Content Marketing Primer for Editors & Proofreaders: How to Add Value to Your Editorial Business by Louise Harnby is a short guide that spells out the what, why, how, and when of content marketing.
Available only as a PDF through the author’s site, the guide continues in the vein of Harnby’s previous business books for editors: a straightforward writing style with minimal jargon and plenty of examples from editorial businesses.
I like Harnby because while she acknowledges that many freelance editors are reluctant business owners, she doesn’t let them use that as an excuse. To be successful, you have to treat your business like a business. “If you’re not interested in making your business more visible,” she writes in this guide, “you’re probably better off working for an employer than for yourself.”
She also doesn’t shy away from unpopular truths. Many editors new to freelancing think marketing will yield them new business quickly and are discouraged when they hear it will take time, sometimes years. Harnby makes sure her readers know this. “Content marketing is a slow burn,” she writes. “It may take months, even years to see the results of your labour. Rather than thinking about it in terms of a to-do list, consider yourself a gardener.” She continues:
A gardener tends and nurtures. First, the seeds are planted (our content-marketing creation). The garden looks bare until the seedlings bud (our network begins to take notice; our valuable content is discussed and shared). Those seedlings grow into saplings (our visibility increases as we rise to the top of people’s minds and improve our search-engine rankings). Finally, the saplings mature into trees (we achieve our business goals).

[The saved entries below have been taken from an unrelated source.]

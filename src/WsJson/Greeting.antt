-- ===== src/WsJson/Greeting.antt =====
-- What the JSON session of a WebSocket does with the first message of its client, and with all that comes later.
use Prim.Native.String
use can_bridge_daemon.Prelude.{
  ℕ, ◌≡◌, ◌⊎◌, inl, inr, refl, sym, ap, subst, String, Option, none, some, List, [], ◌∷◌, ok, err,
  Result-cases, Option-cases,
}
use can_bridge_daemon.Text.{from_utf8}
use can_bridge_daemon.Protocol.{ClientRequest, DaemonResponse, Serde}
use can_bridge_daemon.Service.{Ports, BridgeService}
use can_bridge_daemon.WsJson.{
  WsPhase, WsJsonSession, Input, hello_ack, start, greet, handshake_text, handshake_step, step, run,
}

abbrev pub IsHello : ClientRequest → Type 0
IsHello req =
    (client : String) × (protocol : String) × (req ≡ ClientRequest.client_hello client protocol)

-- The text that a message carries, if any: its own, or its bytes where they are UTF-8.
abbrev pub carried : Input → Option String
carried (Input.text raw) = some raw
carried (Input.binary bytes) = from_utf8 bytes
carried _ = none

module _ {W : Type 0} (ports : Ports W) (serde : Serde) (service : BridgeService W) where
  -- A session that has handed over its HelloAck, and then `said`, and has not touched the service.
  abbrev pub untouched : WsPhase → List DaemonResponse → WsJsonSession W
  untouched phase said = record {
    phase = phase;
    service = service;
    subscribed = [];
    filters = [];
    sent = hello_ack ∷ said;
  }

  -- What becomes of the session, by its first message and with the later ones.
  abbrev pub Greets : Input → List Input → WsJsonSession W → Type 0
  Greets first later s =
      ((carried first ≡ none) × (s ≡ untouched WsPhase.ended []))
      ⊎ ((raw : String) × (e : String) × (carried first ≡ some raw)
          × (serde.from_str raw ≡ err e)
          × (s
              ≡ untouched WsPhase.ended
                  (DaemonResponse.error (String.◌++◌ "invalid client_hello json: " e) ∷ [])))
      ⊎ ((raw : String) × (req : ClientRequest) × (carried first ≡ some raw)
          × (serde.from_str raw ≡ ok req)
          × (¬ IsHello req)
          × (s
              ≡ untouched WsPhase.ended (
                  DaemonResponse.error
                    (String.◌++◌ "expected client_hello, got: " (serde.debug_request req))
                  ∷ [])))
      ⊎ ((raw : String) × (req : ClientRequest) × (carried first ≡ some raw)
          × (serde.from_str raw ≡ ok req)
          × IsHello req
          × (s ≡ run ports serde (untouched WsPhase.ready []) later))

  ended-run :
      (said : List DaemonResponse) (inputs : List Input)
      → run ports serde (untouched WsPhase.ended said) inputs ≡ untouched WsPhase.ended said
  unfolding run step
  ended-run said [] = refl
  ended-run said (input ∷ inputs) = ended-run said inputs

  greet-Greets :
      (first : Input) (later : List Input) (raw : String) (req : ClientRequest)
      → carried first ≡ some raw
      → serde.from_str raw ≡ ok req
      → Greets first later
          (run ports serde (greet ports serde req (untouched WsPhase.handshaking [])) later)
  unfolding greet
  greet-Greets first later raw (ClientRequest.client_hello client protocol) c e =
      inr (inr (inr (raw, _, c, e, (client, protocol, refl), refl)))
  greet-Greets first later raw (ClientRequest.ping id) c e =
      inr (inr (inl (raw, _, c, e, (λ h. cc (h.2)), ended-run _ later)))
  greet-Greets first later raw ClientRequest.list_ifaces c e =
      inr (inr (inl (raw, _, c, e, (λ h. cc (h.2)), ended-run _ later)))
  greet-Greets first later raw (ClientRequest.subscribe ifaces filters) c e =
      inr (inr (inl (raw, _, c, e, (λ h. cc (h.2)), ended-run _ later)))
  greet-Greets first later raw ClientRequest.unsubscribe c e =
      inr (inr (inl (raw, _, c, e, (λ h. cc (h.2)), ended-run _ later)))
  greet-Greets first later raw (ClientRequest.send_frame iface id is_fd brs esi data_hex) c e =
      inr (inr (inl (raw, _, c, e, (λ h. cc (h.2)), ended-run _ later)))

  text-Greets :
      (first : Input) (later : List Input) (raw : String)
      → carried first ≡ some raw
      → Greets first later (
          run ports serde (handshake_text ports serde raw (untouched WsPhase.handshaking [])) later)
  unfolding handshake_text
  text-Greets first later raw c = elim (Result-cases (serde.from_str raw)) [
    | inl (req, e) ↦ rw (e, handshake_text) (greet-Greets first later raw req c e)
    | inr (x, e) ↦ rw (e, handshake_text) (inr (inl (raw, x, c, e, ended-run _ later)))
  ]

  binary_text :
      (bytes : List ℕ) (raw : String)
      → from_utf8 bytes ≡ some raw
      → handshake_step ports serde (untouched WsPhase.handshaking []) (Input.binary bytes)
        ≡ handshake_text ports serde raw (untouched WsPhase.handshaking [])
  unfolding handshake_step
  binary_text bytes raw e = rw (e, handshake_step) refl

  first-Greets :
      (first : Input) (later : List Input)
      → Greets first later (
          run ports serde
            (handshake_step ports serde (untouched WsPhase.handshaking []) first)
            later)
  unfolding handshake_step
  first-Greets (Input.text raw) later = text-Greets (Input.text raw) later raw refl
  first-Greets (Input.binary bytes) later = elim (Option-cases (from_utf8 bytes)) [
    | inl e ↦ rw (e, handshake_step) (inl (refl, ended-run [] later))
    | inr (raw, e) ↦
        subst (Greets (Input.binary bytes) later)
          (sym (ap (λ s. run ports serde s later) (binary_text bytes raw e)))
          (text-Greets (Input.binary bytes) later raw e)
  ]
  first-Greets Input.close later = inl (refl, ended-run [] later)
  first-Greets Input.control later = inl (refl, ended-run [] later)
  first-Greets Input.receive_error later = inl (refl, ended-run [] later)
  first-Greets Input.no_message later = inl (refl, ended-run [] later)
  first-Greets Input.timeout later = inl (refl, ended-run [] later)

  -- The first thing that a new JSON session of a WebSocket gets decides. If it carries no text, the session ends; if it
  -- carries a text that is no request, or a request that is no hello, the session answers that and ends:
  -- in all these cases it has said nothing but its HelloAck (and that answer), has no subscription, and
  -- the service is as it was, whatever comes later. Only with a hello it enters its main loop, with the
  -- later inputs.
  pub run-Greets_ws :
      (first : Input) (later : List Input)
      → Greets first later (run ports serde (start service) (first ∷ later))
  unfolding start run step
  run-Greets_ws first later = first-Greets first later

One weakness with the guide surrounds your target audience (Alpha Audience in the book). Some of the advice and examples urge readers to target the editing community with their content. Harnby explains why this is one of her target audiences: she likes educating other editors and making a little money in the process. This is a great reason, but it’s not one every freelance editor can—or should—take on, especially less-experienced editors.
Yet all freelance editors want to target clients and would be wise to put most of their marketing efforts there. The principles and platforms for reaching a client audience are the same, of course. But I wanted to see more examples of editors reaching out to different types of clients rather than to other editors.
The best part of the book, however, is the content-building framework. This is what lets you put all the principles and advice into practice. The layout is clean and the progression is easy to follow—key features of a usable worksheet. The terminology is consistent with the rest of the book, which is a help if you need to review a section before completing the worksheet. I would encourage readers to complete the framework in order to start putting the principles to good use.
Content Marketing Primer for Editors & Proofreaders does a great job of explaining a jargon-laden strategy for promoting your business and offers many good examples and a lot of sound advice. Together with the fact that Harnby is offering it for a very attractive price (£3.99), there’s no reason to not go buy it now.